* UK inflation heading for 6% or more in April
* Bank of England watching longer-term outlook
* Surging gas prices main factor behind inflation jump
* Households facing income hit from tax hike too
* Some early signs of pressure for higher pay
By William Schomberg
LONDON, Jan 17 (Reuters) - British consumer price inflation
looks set to hit a 30-year high of 6% or more in April, but the
big question for the Bank of England and the wider public is how
quickly it will then fall back.
The BoE last month became the world's first major central
bank to raise interest rates since the coronavirus pandemic
hammered the global economy.
Now investors are betting on as many as four more rate hikes
in 2022, taking Bank Rate as high as 1.25%, because the rise in
prices in Britain - as in many other rich economies - looks set
to be less transitory than previously hoped.
The inflation peak will hit the spending power of consumers
just as they face a tax hike in April, challenging Britain's
economic recovery from its coronavirus crash of 2020.
Bethany Beckett, an economist with Capital Economics, said
household disposable income will fall in real terms this year,
contributing to a slowdown in economic growth to 3.7% in 2022.
The BoE in November predicted 5.0% growth this year.
HOW LONG IS INFLATION LIKELY TO STAY HIGH?
The BoE's current forecasts, published in November, point to
consumer price inflation of 3.5% in 2022 before a fall to 2.25%
in 2023, close to the BoE's 2% target.
Then, after gas prices rose further, the central bank said
in December it had raised its estimate for the peak in inflation
to about 6% in April.
That means the BoE is likely to push up its full-year
inflation forecasts again on Feb. 3, alongside what many
investors think will be another rise in Bank Rate to 0.5%.
Households face a sharp increase of about 50% in their gas
bills - or a bit less if the government moves to lessen the hit
- in April, when a regulated price cap is due to be increased.
Paul Dales, chief UK economist at consultancy Capital
Economics, has almost doubled his inflation forecast for 2022 as
a whole to 4.0% from a previous estimate of 2.2%.
WHAT IS GOING ON WITH GAS PRICES?
After their surge, gas prices have fallen recently.
Britain is set to receive a record number of liquefied
natural gas cargoes this month, helping to bring the day-ahead
natural gas price down from a peak of more than 450 pence a
therm in late December down to about 200 pence last week,
although that was still much higher than its level of about 50
pence a year ago.
Philip Shaw, an economist with bank Investec, said inflation
in 2022 could end up at 2.5% if the recent fall in gas prices
continues and leads to a cut in tariffs at a twice-yearly review
by regulators due in October.
WHAT ELSE IS DRIVING UK INFLATION?
As well as the usual variables, from petrol prices to the
impact of weather of food costs, another key factor for
inflation this year is what happens to global supply chains,
which were hit hard by the pandemic.
This has been seen most starkly in the car market, where a
shortage of microchips has curtailed production of new cars,
pushing the price of second-hand models up by 27%.

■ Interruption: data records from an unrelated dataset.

-- ===== src/Pdu/Decode/Deliver.antt =====
-- `pdu_decode` against a reference encoder of SMS-DELIVER.
use esp32c3_sms_gateway.Prelude.{
  ℕ, suc, ◌+◌, ◌<◌, ◌≡◌, refl, arith, bit_and, Bool, not, List, ◌∷◌, ◌++◌, length, length-append,
  take, drop, drop-length, drop_add_eq, drop-suc, All, some, get_elem?, get_elem?-drop,
  get_elem?_at, ◌==◌,
}
use esp32c3_sms_gateway.Pdu.Address.RoundTrip.{
  semi_octets, IsDigit, digit_chars, prefix_of, parse_phone_number-semi_octets,
}
use esp32c3_sms_gateway.Pdu.Timestamp.RoundTrip.{
  DateTime, IsDateTime, stamp, date_text, parse_timestamp-stamp,
}
use esp32c3_sms_gateway.Pdu.Decode.{encoding_type, decode_user_data, decode_buffer}
use mathlib.Core.List.{append_assoc}
use native.Mathlib.Nat.{suc-add, zero-add}
use native.Mathlib.Numerals.{add-one, add-two}

-- The fields of an SMS-DELIVER in front of the user data; `digit ∷ digits` is the sender's number.
pub record Header : Type 0 where
  pub smsc : List ℕ
  pub type_byte : ℕ
  pub type_of_address : ℕ
  pub digit : ℕ
  pub digits : List ℕ
  pub pid : ℕ
  pub dcs : ℕ
  pub sent : DateTime
  pub zone : ℕ

pub record IsHeader (m : Header) : Type 0 where
  pub number : All IsDigit (m.digit ∷ m.digits)
  pub date : IsDateTime m.sent

abbrev pub number_of : Header → List ℕ
number_of m = m.digit ∷ m.digits

-- The bytes behind the type byte, in front of `rest`.
unfoldable pub address_on : Header → List ℕ → List ℕ
address_on m rest =
    length (number_of m) ∷ m.type_of_address ∷ semi_octets (number_of m)
    ++ (m.pid ∷ m.dcs ∷ stamp m.sent m.zone rest)

-- All bytes in front of the user data length.
unfoldable pub header : Header → List ℕ → List ℕ
header m rest = length m.smsc ∷ m.smsc ++ (m.type_byte ∷ address_on m rest)

abbrev pub header_len : Header → ℕ
header_len m = 13 + length m.smsc + length (semi_octets (number_of m))

abbrev pub sender_text : Header → List ℕ
sender_text m = take 19 (prefix_of m.type_of_address ++ digit_chars (number_of m))

abbrev pub has_udh : Header → Bool
has_udh m = not (bit_and m.type_byte 0x40 == 0)

module _ (m : Header) (rest : List ℕ) where
  abbrev type_at : ℕ
  type_at = 1 + length m.smsc

  abbrev pid_at : ℕ
  pid_at = type_at + 1 + 2 + length (semi_octets (number_of m))

  first_byte : get_elem? (header m rest) 0 ≡ some (length m.smsc)
  unfolding header
  first_byte = refl

  at_type : drop type_at (header m rest) ≡ m.type_byte ∷ address_on m rest
  unfolding header
  at_type = rw (suc-add, zero-add) (drop-length m.smsc _)

  at_address : drop (type_at + 1) (header m rest) ≡ address_on m rest
  at_address = rw add-one (drop-suc type_at (header m rest) at_type)

  at_pid : drop pid_at (header m rest) ≡ m.pid ∷ m.dcs ∷ stamp m.sent m.zone rest
  unfolding address_on
  at_pid =
      drop_add_eq (type_at + 1 + 2) (length (semi_octets (number_of m))) (header m rest)
        (drop_add_eq (type_at + 1) 2 (header m rest) at_address refl)
        (drop-length (semi_octets (number_of m)) _)

  at_stamp : drop (pid_at + 2) (header m rest) ≡ stamp m.sent m.zone rest
  at_stamp =
      rw add-two (drop-suc (suc pid_at) (header m rest) (drop-suc pid_at (header m rest) at_pid))

  user_data_at : header_len m ≡ pid_at + 2 + 7
  user_data_at = omega arith

  pub at_user_data : drop (header_len m) (header m rest) ≡ rest
  at_user_data =
      rw user_data_at (drop_add_eq (pid_at + 2) 7 (header m rest) at_stamp (unfold stamp in refl))

  -- On a well-formed header the decoder reaches the user data with the fields of the header.
  pub decode_buffer-header :
      (buf_len : ℕ)
      → IsHeader m
      → header_len m < buf_len
      → decode_buffer (header m rest) buf_len
        ≡ decode_user_data
            (header m rest)
            buf_len
            (header_len m)
            (has_udh m)
            (encoding_type m.dcs)
            (sender_text m)
            (date_text m.sent)
  unfolding decode_buffer
  decode_buffer-header buf_len h fits = ground (
    arith,
    first_byte,
    get_elem?-drop type_at (header m rest) at_type,
    parse_phone_number-semi_octets (header m rest) (m.pid ∷ m.dcs ∷ stamp m.sent m.zone rest)
        (type_at + 1) m.type_of_address m.digit m.digits h.number (unfold address_on in at_address),
    get_elem?-drop pid_at (header m rest) at_pid,
    get_elem?_at pid_at 1 (header m rest) at_pid,
    parse_timestamp-stamp (header m rest) rest (pid_at + 2) m.zone m.sent h.date at_stamp,
    user_data_at,
  )

module _ (m : Header) where
  pub header-append : (xs ys : List ℕ) → header m xs ++ ys ≡ header m (xs ++ ys)
  unfolding header address_on stamp
  header-append xs ys = simp append_assoc

  pub length-header : (xs : List ℕ) → length (header m xs) ≡ header_len m + length xs
  unfolding header address_on stamp
  length-header xs = simp length-append (omega arith)

  pub header_first :
      (xs : List ℕ) → header m xs ≡ length m.smsc ∷ m.smsc ++ (m.type_byte ∷ address_on m xs)
  unfolding header
  header_first xs = refl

However, a survey of purchasing managers at British
manufacturers last month showed an easing of prices paid for
inputs from near record highs.
But analysts are watching for the impact of the Omicron
variant in China where a strict approach to stamping out
coronavirus outbreaks led to the shutdown of suppliers vital for
global manufacturers in 2020, pushing up prices.
IS A WAGE-INFLATION SPIRAL LIKELY?
The BoE's main concern is not so much about what inflation
does in the coming months but whether it triggers longer-term
inflationary pressures, principally in wage settlements.
Some companies have responded to a post-Brexit, post-COVID
shortage of workers by pushing up pay for some roles.
Food retailer Gregg's this month brought forward a
pay rise for its staff.
A survey of manufacturers showed recent pay increases ranged
between 2% and 3% but went as high as 14% in some cases, while
45% of firms had yet to agree a pay deal as they awaited more
clarity on inflation and other factors.